Cataract Surgery with CoAx4 Illumination

New technology provides stable red reflex for all observers

February 09, 2016

A stable red reflex is one of the most important features of an ophthalmic surgical microscope for cataract surgery. It’s the red reflex that makes the structure of the lens visible and thus makes for a uncompromised view for a successful and secure surgery. One of the challenges with visualization is enhancing the red reflex particularly during phacoelmusification, cataract extraction and also during the intraocular lens surgery.

However, conventional red reflex illumination often decreases during the critical phases of the procedure like phacoemulsification. A new illumination technology with four individual beam paths overcomes these drawbacks.

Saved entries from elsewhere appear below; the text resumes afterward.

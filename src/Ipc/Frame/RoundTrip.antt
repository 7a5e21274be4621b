-- ===== src/Ipc/Frame/RoundTrip.antt =====
-- Frames come back as they were sent.
use arcade_launcher_stream_e.Base.{
  ℕ, suc, ◌+◌, ◌-◌, ◌*◌, ◌/◌, ◌%◌, ◌<◌, ◌≤◌, Bytes, false, [], ◌∷◌, ◌++◌, ◌==◌, some, ◌≡◌, ◌↔◌,
  refl, sym, ◌∙◌, arith, length, length-append, append_assoc, append-nil, le→not_ltb, drop,
  length-take, AreBytes, take-length_append, drop-length_append, take-append-drop,
}
use arcade_launcher_stream_e.Ipc.Transport.{Transport, read_exact, write_all}
use arcade_launcher_stream_e.Ipc.Frame.{
  max_frame, header, header_value, sent, write_frame, frame, read_frame, read_sized, closed,
}

-- The bytes of a frame on the wire.
abbrev pub wire : Bytes → Bytes
wire payload = header (length payload) ++ payload

header_value-header : (n : ℕ) (rest : Bytes) → n ≤ max_frame → header_value (header n ++ rest) ≡ n
unfolding header_value header
header_value-header n rest h = omega arith

read_exact-append :
    (s rest : Bytes) (t : Transport)
    → t.incoming ≡ s ++ rest
    → read_exact (length s) t ≡ (some s, record t { incoming = rest })
unfolding read_exact
read_exact-append s rest t e = rw (
  e,
  le→not_ltb (length (s ++ rest)) (length s) (omega (arith, length-append {0} s rest)),
  take-length_append s rest,
  drop-length_append s rest,
)

read_sized-append :
    (payload rest : Bytes) (t : Transport)
    → length payload ≤ max_frame
    → t.incoming ≡ payload ++ rest
    → read_sized (length payload) t ≡ (frame payload, record t { incoming = rest })
unfolding read_sized
read_sized-append [] rest t h e = rw (← e)
read_sized-append (c ∷ payload) rest t h e = rw (
  read_exact-append (c ∷ payload) rest t e,
  le→not_ltb max_frame (length (c ∷ payload)) h,
  not_zero (length payload),
)
  where
    not_zero : (n : ℕ) → (suc n == 0) ≡ false
    not_zero n = ground arith

-- A frame on the wire is read as its payload, and what follows it stays.
pub read_frame-wire :
    (payload rest : Bytes) (t : Transport)
    → length payload ≤ max_frame
    → t.incoming ≡ wire payload ++ rest
    → read_frame t ≡ (frame payload, record t { incoming = rest })
unfolding read_frame
read_frame-wire payload rest t h e =
    let front : read_exact 4 t
        ≡ (some (header (length payload)), record t { incoming = payload ++ rest }) =
      unfold header in
      read_exact-append (header (length payload)) (payload ++ rest) t
        (e ∙ append_assoc (header (length payload)) payload rest) in
    let size = rw append-nil at (header_value-header (length payload) [] h) in
    rw (front, size)
      (read_sized-append payload rest (record t { incoming = payload ++ rest }) h refl)

pub write_frame-sent :
    (payload : Bytes) (t t' : Transport)
    → write_frame payload t ≡ (sent, t')
    → (length payload ≤ max_frame) × (t'.outgoing ≡ t.outgoing ++ wire payload)
unfolding write_frame write_all
write_frame-sent [] t t' h = ground (arith, append-nil (header 0))
write_frame-sent (c ∷ payload) t t' h =
    ground (arith, append_assoc t.outgoing (header (length (c ∷ payload))) (c ∷ payload))

-- A frame that was sent is read back by the peer, and what follows it stays.
pub read_frame-write_frame :
    (payload rest : Bytes) (t t' u : Transport)
    → write_frame payload t ≡ (sent, t')
    → u.incoming ≡ drop (length t.outgoing) t'.outgoing ++ rest
    → read_frame u ≡ (frame payload, record u { incoming = rest })
read_frame-write_frame payload rest t t' u w e =
    let (small, out) = write_frame-sent payload t t' w in
    read_frame-wire payload rest u small
      (e ∙ rw (out, drop-length_append t.outgoing (wire payload)))

read_sized_sound :
    (n : ℕ) (t t' : Transport) (payload : Bytes)
    → read_sized n t ≡ (frame payload, t')
    → (length payload ≡ n) × (n ≤ max_frame) × (t.incoming ≡ payload ++ t'.incoming)
unfolding read_sized read_exact
read_sized_sound n t t' payload h =
    ground (arith, length-take n t.incoming, take-append-drop n t.incoming)

header-header_value :
    (a b c d : ℕ)
    → a < 256
    → b < 256
    → c < 256
    → d < 256
    → header (a + b * 256 + c * 65536 + d * 16777216) ≡ a ∷ b ∷ c ∷ d ∷ []
unfolding header
header-header_value a b c d p q r s =
    let n : ℕ = a + b * 256 + c * 65536 + d * 16777216 in
    let first : n % 256 ≡ a = omega arith in
    let second : n / 256 % 256 ≡ b = omega arith in
    let third : n / 65536 % 256 ≡ c = omega arith in
    let fourth : n / 16777216 % 256 ≡ d = omega arith in rw (first, second, third, fourth)

read_frame_step :
    (x y z w : ℕ) (s : Bytes) (t : Transport)
    → t.incoming ≡ x ∷ y ∷ z ∷ w ∷ s
    → read_frame t ≡ read_sized (x + y * 256 + z * 65536 + w * 16777216) (record t { incoming = s })
unfolding read_frame read_exact header_value
read_frame_step x y z w s t e = rw (e, le→not_ltb (length (x ∷ y ∷ z ∷ w ∷ s)) 4 (omega arith))

framed :
    (s : Bytes) (t t' : Transport) (payload : Bytes)
    → t.incoming ≡ s
    → AreBytes s
    → read_frame t ≡ (frame payload, t')
    → (length payload ≤ max_frame) × (s ≡ wire payload ++ t'.incoming)
unfolding read_frame read_exact header_value
framed [] t t' payload e b h = ground arith
framed (x ∷ []) t t' payload e b h = ground arith
framed (x ∷ y ∷ []) t t' payload e b h = ground arith
framed (x ∷ y ∷ z ∷ []) t t' payload e b h = ground arith
framed (x ∷ y ∷ z ∷ w ∷ s) t t' payload e b h =
    let (size, bound, splits) =
      read_sized_sound (x + y * 256 + z * 65536 + w * 16777216) (record t { incoming = s }) t'
        payload (sym (read_frame_step x y z w s t e) ∙ h) in
    (omega arith, rw (size, header-header_value x y z w b.0 b.1.0 b.1.1.0 b.1.1.1.0, splits))

-- Where `read_frame` delivers a frame from a stream of bytes, the stream starts with that frame on
-- the wire, within the cap of 8 MiB, and goes on with what is left.
pub read_frame_sound :
    (t t' : Transport) (payload : Bytes)
    → AreBytes t.incoming
    → read_frame t ≡ (frame payload, t')
    → (length payload ≤ max_frame) × (t.incoming ≡ wire payload ++ t'.incoming)
read_frame_sound t t' payload b h = framed t.incoming t t' payload refl b h

-- A frame is sent exactly when it is within the cap and the peer takes its header and its bytes.
pub write_frame-sent_iff :
    (payload : Bytes) (t : Transport)
    → ((write_frame payload t).0 ≡ sent)
      ↔ ((length payload ≤ max_frame) × (length payload + 4 ≤ t.room))
unfolding write_frame write_all header
write_frame-sent_iff [] t = ground arith
write_frame-sent_iff (c ∷ payload) t = ground arith

pub write_frame-wire :
    (payload : Bytes) (t : Transport)
    → length payload ≤ max_frame
    → length (wire payload) ≤ t.room
    → write_frame payload t ≡ (
      sent,
      record t { outgoing = t.outgoing ++ wire payload; room = t.room - length (wire payload) },
    )
unfolding write_frame write_all header
write_frame-wire [] t h k = ground arith
write_frame-wire (c ∷ payload) t h k =
    ground (arith, append_assoc t.outgoing (header (length (c ∷ payload))) (c ∷ payload))

pub read_frame_empty : (t : Transport) → t.incoming ≡ [] → read_frame t ≡ (closed, t)
unfolding read_frame read_exact
read_frame_empty t e = ground arith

The Proveo 8 ophthalmic microscope is the first system to feature the new technology. The CoAx4 Illumination provides a stable and consistent red reflex throughout the entire surgical procedure. Both main surgeon and assistant share the same view and full red reflex.

Cataract surgeons rely on a red reflex

The red reflex is the reddish-orange reflection from the retina that is observed through an ophthalmic microscope as coaxial light goes into and out of the pupil of the eye. Cataract surgeons rely on the red reflex and depth of field to precisely view the elements in the eye during each step of surgery, such as corneal incisions, division of nuclear material, removing the cortex, cleaning of the anterior and posterior leaves of the capsular bag, placing the IOL.

Consistent visualization is especially important when performing capsulorhexis which is best judged by the shadow its edge creates with the red reflex. The brighter and more even the red reflex is, the more distinct the capsular edge becomes. This enhances surgical ease in performing centered and appropriately sized capsulorhexis in all types of cataract.

Consequences of a diminished red reflex

Fig. 1: The CoAx4 Illumination provides a stable and consistent red reflex throughout the entire surgical procedure: Four individual coaxial illumination beam paths go down to the patient eye with a perpendicular entrance to the retina. In this graphic there are only shown two beam paths.

As the eye moves or the position of the microscope is changed, the red reflex may decrease, making certain phases of cataract surgery more difficult, even dangerous. For example, with a diminished red reflex it is more difficult to create a round and appropriately sized capsulorhexis, and to determine where within the cataract the phaco tip is being placed.

Most notably, without consistent illumination it is more difficult to view remaining nuclear material in the capsular bag during phacoemulsificaton and the posterior capsule bag during the procedure.

Four beam paths facilitate stable red reflex

A new technology for an ophthalmic microscope makes it possible to work with a stable and consistent red reflex. Four individual coaxial illumination beam paths down to the patient eye with a perpendicular entrance to the retina are providing a straight red reflex throughout the entire procedure (Fig. 1).

Compared to known microscopes, the image appears equal for all possible observers, the main observer, the assistant and the documentation.

Stereo red reflex for all observers

The CoAx4 Illumination is the only technology that makes the red reflex fully visible for both main surgeon and assistant. Surgeon and assistant sharing the same view of the surgical field with excellent contrast and red reflex makes cataract surgery more secure and is a valuable asset to teaching (Fig. 2).

Fig. 2: Both main surgeon and assistant share the same view and full red reflex: Four coaxial beam paths linked to a common zoom system provide the same excellent contrast, red reflex, magnification and 100% stereovision.

Adjustable illumination diameter enhances contrast

The Proveo 8 ophthalmic microscope is the first system to feature the new technology. With an adjustable illumination diameter sizeable from 4 – 23 mm the surgeon can choose via footswitch if he needs to illuminate the whole eye or prefers to match the field of illumination to the pupil size. A reduced illumination diameter produces less sclera reflections and offers more contrast, while a wider illumination is more flexible with respect to patient’s movements (Fig.3).

The CoAx4 Illumination also provides a camera image that is identical to the optical view through the ocular. The light for the camera is taken from the assistant optical path and thus leaves the main surgeon’s view with 100% of the light.

Fig. 3: The adjustable illumination diameter sizeable from 4 – 23 mm allows to align the illumination to each individual patient’s eye.